- Activity:
In the records below, find the line with "delete_if p deleting = return tt" and the line with "conclude panicked updated"; return exactly those lines and every line between them.

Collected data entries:
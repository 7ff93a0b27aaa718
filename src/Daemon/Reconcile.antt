-- ===== src/Daemon/Reconcile.antt =====
-- pkg/daemon/vm_controller.go: the reconciler of a machine on its node.
use ch_vmm.Prelude.{String, Bool, false, not, ◌&&◌, ◌||◌, none, some, if◌then◌else◌, str_eq}
use ch_vmm.Webhook.Field.{is_blank}
use ch_vmm.Controller.Program.{
  Answer, done, not_found, conflict, Result, ok, err, panicked, Outcome, again, settled,
  in_fifteen_seconds, Program, ◌>>=◌, ◌>>◌, return, fail,
}
use ch_vmm.Controller.Machine.{PodPhase}
use ch_vmm.Daemon.{
  Vm, Status, Phase, Pod, Call, get_vm, get_pod, update_status, Server, Node, State, get_status,
  set_phase, record_event, call, fetch,
}
use ch_vmm.Daemon.Umounts.{cleanup}
use ch_vmm.Daemon.Phases.{ask, reconcile_phase}

abbrev pub is_here : Node → String → Bool
is_here node name = not (is_blank name) && str_eq name node.name

-- Whether the machine is on this node, or comes to it.
unfoldable pub is_mine : Node → Status → Bool
is_mine node s =
    is_here node s.node_name
    || elim s.migration [ none ↦ false | some m ↦ is_here node m.target_node ]

module _ (server : Server) (node : Node) (vm : Vm) where
  abbrev M : Type 0 → Type 0
  M A = Program State A

  unfoldable pub deleted_if : Answer → M (Unit {0})
  deleted_if done = record_event "VMDeleted"
  deleted_if not_found = record_event "VMDeleted"
  deleted_if e = fail e

  unfoldable pub delete_if : PodPhase → Bool → M (Unit {0})
  unfolding deleted_if
  delete_if PodPhase.running false = do
    answered ← ask server node vm Call.delete
    deleted_if answered
  delete_if p deleting = return tt

  unfoldable pub delete_vm : Pod → M (Unit {0})
  unfolding delete_if
  delete_vm pod = delete_if pod.phase pod.deleting

  -- `reconcileDeletingVM`
  unfoldable pub reconcile_deleting : Pod → M (Unit {0})
  unfolding delete_vm
  reconcile_deleting pod = do delete_vm pod; set_phase Phase.succeeded; cleanup server node vm

  unfoldable pub with_pod : Answer × Pod → M (Unit {0})
  unfolding reconcile_deleting
  with_pod (done, pod) = do
    status ← get_status
    if vm.deleting
        then (if str_eq status.node_name node.name then reconcile_deleting pod else return tt)
        else reconcile_phase server node vm status.phase pod
  with_pod (not_found, pod) = return tt
  with_pod (e, pod) = fail e

  -- `chReconcile`
  unfoldable pub ch_reconcile : M (Unit {0})
  unfolding with_pod is_mine
  ch_reconcile = do
    status ← get_status
    if is_mine node status
        then (do answered ← fetch server (get_pod status.pod_name) server.pod; with_pod answered)
        else return tt

  -- The answer to the update of the status counts only where all else went well.
  unfoldable pub conclude : Result (Unit {0}) → Answer → M Outcome
  conclude (err e) updated = λ s. (err e, s)
  conclude panicked updated = λ s. (panicked, s)
  conclude (ok x) done = return in_fifteen_seconds
  conclude (ok x) conflict = return again
  conclude (ok x) e = fail e

  -- The status is written each time; nothing is written behind a panic.
  unfoldable pub report : Result (Unit {0}) → M Outcome
  unfolding conclude
  report panicked = λ s. (panicked, s)
  report r = do
    status ← get_status
    updated ← call server (update_status status)
    conclude r updated

  unfoldable pub found_vm : Answer → M Outcome
  unfolding ch_reconcile report
  found_vm done s = let (r, s') = ch_reconcile s in report r s'
  found_vm not_found s = return settled s
  found_vm e s = fail e s

  -- `Reconcile`, where the memory has the status that the server has if the answer is `done`.
  unfoldable pub reconcile : M Outcome
  unfolding found_vm
  reconcile = do answered ← call server get_vm; found_vm answered
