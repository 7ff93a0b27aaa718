-- ===== src/Daemon/Frame.antt =====
-- What the daemon does to volumes leaves the phase, the place and the migration of a machine alone.
pub mod Devices
pub mod Mounted
pub mod Plugged
use ch_vmm.Prelude.{ℕ, String, refl, Bool, true, false, List, [], ◌∷◌, ◌++◌, Option, none, some}
use ch_vmm.Api.{Volume}
use ch_vmm.Controller.Program.{
  Answer, done, not_found, already_exists, conflict, Result, ok, err, panicked, Program, fail,
  Keeps, return-Keeps, bind-Keeps, then-Keeps, must-Keeps, if-Keeps, option-Keeps,
}
use ch_vmm.Controller.Machine.{VolumeStatus}
use ch_vmm.Daemon.{
  Vm, VmInfo, Status, Phase, Migration, Rule, VolumeRecord, MountInfo, Request, Trace, Server, Node,
  State, get_status, modify, record_event, call, fetch,
}
use ch_vmm.Daemon.Cgroup.{
  found_numbers, numbers_of, with_process, new_manager, device_path, rule_if, volume_rules,
  set_devices,
}
use ch_vmm.Daemon.Records.{read_if, get_records, write_records, remove_records, add_record}
use ch_vmm.Daemon.Mounts.{
  status_of, is_block, exists_if, mounted_if, mounted_at, allow_device, make_node, mount_block,
  found_mount, image_source, create_if, mount_image, mount_one, mark_mounted, mount_known,
  mount_next, mount_all, mount_volumes,
}
use ch_vmm.Daemon.Umounts.{
  deny_device, umount_block, umount_image, umount_kind, umount_volume, umount_gone, keep_records,
  umount_volumes, umount_each, cleanup,
}
use ch_vmm.Daemon.Plugs.{
  last_status, plug, mark_ready, add_known, add_volumes, remove_disks, reconcile_volumes,
}

-- The phase, the node and the migration of the machine in memory.
abbrev pub frame : State → Phase × String × Option Migration
frame s = (s.0.status.phase, s.0.status.node_name, s.0.status.migration)

abbrev pub Frames : {A : Type 0} → Program State A → Type 0
Frames m = Keeps frame m

pub fail-Frames : {A : Type 0} (e : Answer) → Frames {A = A} (fail e)
fail-Frames e = record { kept = λ s. refl }

pub panic-Frames : {A : Type 0} → Frames {A = A} (λ s. (panicked, s))
panic-Frames = record { kept = λ s. refl }

pub event-Frames : (e : String) → Frames (record_event e)
event-Frames e = record { kept = λ s. refl }

pub get_status-Frames : Frames get_status
get_status-Frames = record { kept = λ s. refl }

pub volumes-Frames :
    (f : Status → List VolumeStatus) → Frames (modify (λ s. record s { volumes = f s }))
volumes-Frames f = record { kept = λ s. refl }

module _ (server : Server) where
  pub call-Frames : (r : Request) → Frames (call server r)
  call-Frames r = record { kept = λ s. refl }

  pub fetch-Frames : {A : Type 0} (r : Request) (read : Trace → A) → Frames (fetch server r read)
  fetch-Frames r read = record { kept = λ s. refl }

pub ruleset frames = (
  return-Keeps, bind-Keeps, then-Keeps, must-Keeps, if-Keeps, option-Keeps, fail-Frames,
  panic-Frames, event-Frames, get_status-Frames, volumes-Frames, call-Frames, fetch-Frames,
)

- Response area:
  delete_if p deleting = return tt

  unfoldable pub delete_vm : Pod → M (Unit {0})
  unfolding delete_if
  delete_vm pod = delete_if pod.phase pod.deleting

  -- `reconcileDeletingVM`
  unfoldable pub reconcile_deleting : Pod → M (Unit {0})
  unfolding delete_vm
  reconcile_deleting pod = do delete_vm pod; set_phase Phase.succeeded; cleanup server node vm

  unfoldable pub with_pod : Answer × Pod → M (Unit {0})
  unfolding reconcile_deleting
  with_pod (done, pod) = do
    status ← get_status
    if vm.deleting
        then (if str_eq status.node_name node.name then reconcile_deleting pod else return tt)
        else reconcile_phase server node vm status.phase pod
  with_pod (not_found, pod) = return tt
  with_pod (e, pod) = fail e

  -- `chReconcile`
  unfoldable pub ch_reconcile : M (Unit {0})
  unfolding with_pod is_mine
  ch_reconcile = do
    status ← get_status
    if is_mine node status
        then (do answered ← fetch server (get_pod status.pod_name) server.pod; with_pod answered)
        else return tt

  -- The answer to the update of the status counts only where all else went well.
  unfoldable pub conclude : Result (Unit {0}) → Answer → M Outcome
  conclude (err e) updated = λ s. (err e, s)
  conclude panicked updated = λ s. (panicked, s)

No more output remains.